(Beginning of Supplied information)

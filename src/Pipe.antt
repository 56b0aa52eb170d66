-- ===== src/Pipe.antt =====
-- kernel/pipe.c: a ring of bytes under two 32-bit counters. pipewrite and piperead are modelled from one
-- sleep to the next, between which they hold the pipe's lock.
pub mod Ring
pub mod Flow
mod Tests
use xv6_riscv_private.Common.{
  ℕ, zero, suc, ◌+◌, ◌%◌, ◌^◌, Bool, true, false, not, ◌&&◌, ◌||◌, ◌==◌, if◌then◌else◌, update,
  Option, none, some, ℤ, pos, negsuc, List, [], ◌∷◌,
}

abbrev pub pipesize : ℕ
pipesize = 512

pub record Pipe : Type 0 where
  pub data_at : ℕ → ℕ
  pub nread : ℕ
  pub nwrite : ℕ
  pub readopen : Bool
  pub writeopen : Bool

unfoldable pub is_full : Pipe → Bool
is_full pi = pi.nwrite == (pi.nread + pipesize) % 2 ^ 32

unfoldable pub is_empty : Pipe → Bool
is_empty pi = pi.nread == pi.nwrite

-- `pi->data[pi->nwrite++ % PIPESIZE] = ch;`
unfoldable pub push : ℕ → Pipe → Pipe
push ch pi = record pi {
  data_at = update pi.data_at (pi.nwrite % pipesize) ch;
  nwrite = (pi.nwrite + 1) % 2 ^ 32;
}

-- `ch = pi->data[pi->nread++ % PIPESIZE];`
unfoldable pub pull : Pipe → ℕ × Pipe
pull pi = (pi.data_at (pi.nread % pipesize), record pi { nread = (pi.nread + 1) % 2 ^ 32 })

-- how a stretch under the lock ends
pub data End : Type 0 where
  returned : ℤ → End
  asleep : End

-- The loop of `pipewrite` with `n` bytes left from index `i` on; `copyin` is the user's memory, where it
-- can be read. The result has the index reached.
unfoldable pub write_loop : ℕ → ℕ → (ℕ → Option ℕ) → ℕ → Bool → Pipe → ℕ × Pipe × End
write_loop zero i copyin addr killed pi = (i, pi, returned (pos i))
write_loop (suc n) i copyin addr killed pi =
    if not pi.readopen || killed
    then (i, pi, returned (negsuc 0))
    else if is_full pi
    then (i, pi, asleep)
    else elim (copyin (addr + i)) [
      | none ↦ (i, pi, returned (pos i))
      | some ch ↦ write_loop n (i + 1) copyin addr killed (push ch pi)
    ]

-- The loop of `piperead`; `copyout` says where the user's memory can be written. The result has the
-- bytes copied out and the value returned.
unfoldable pub read_loop : ℕ → ℕ → (ℕ → Bool) → ℕ → Pipe → List ℕ × Pipe × ℕ
read_loop zero i copyout addr pi = ([], pi, i)
read_loop (suc n) i copyout addr pi =
    let ch = (pull pi).0 in
    let pi' = (pull pi).1 in
    let (chs, pi'', r) = read_loop n (i + 1) copyout addr pi' in
    if is_empty pi
    then ([], pi, i)
    else if copyout (addr + i)
    then (ch ∷ chs, pi'', r)
    else ([], pi', i)

-- `piperead`, from its start or after a sleep
unfoldable pub piperead : ℕ → (ℕ → Bool) → ℕ → Bool → Pipe → List ℕ × Pipe × End
piperead n copyout addr killed pi =
    let (chs, pi', r) = read_loop n 0 copyout addr pi in
    if is_empty pi && pi.writeopen
    then if killed then ([], pi, returned (negsuc 0)) else ([], pi, asleep)
    else (chs, pi', returned (pos r))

(End of Supplied information)

Search the entries for the word "Option", then copy every line in which it is found.

  Option, none, some, ℤ, pos, negsuc, List, [], ◌∷◌,
unfoldable pub write_loop : ℕ → ℕ → (ℕ → Option ℕ) → ℕ → Bool → Pipe → ℕ × Pipe × End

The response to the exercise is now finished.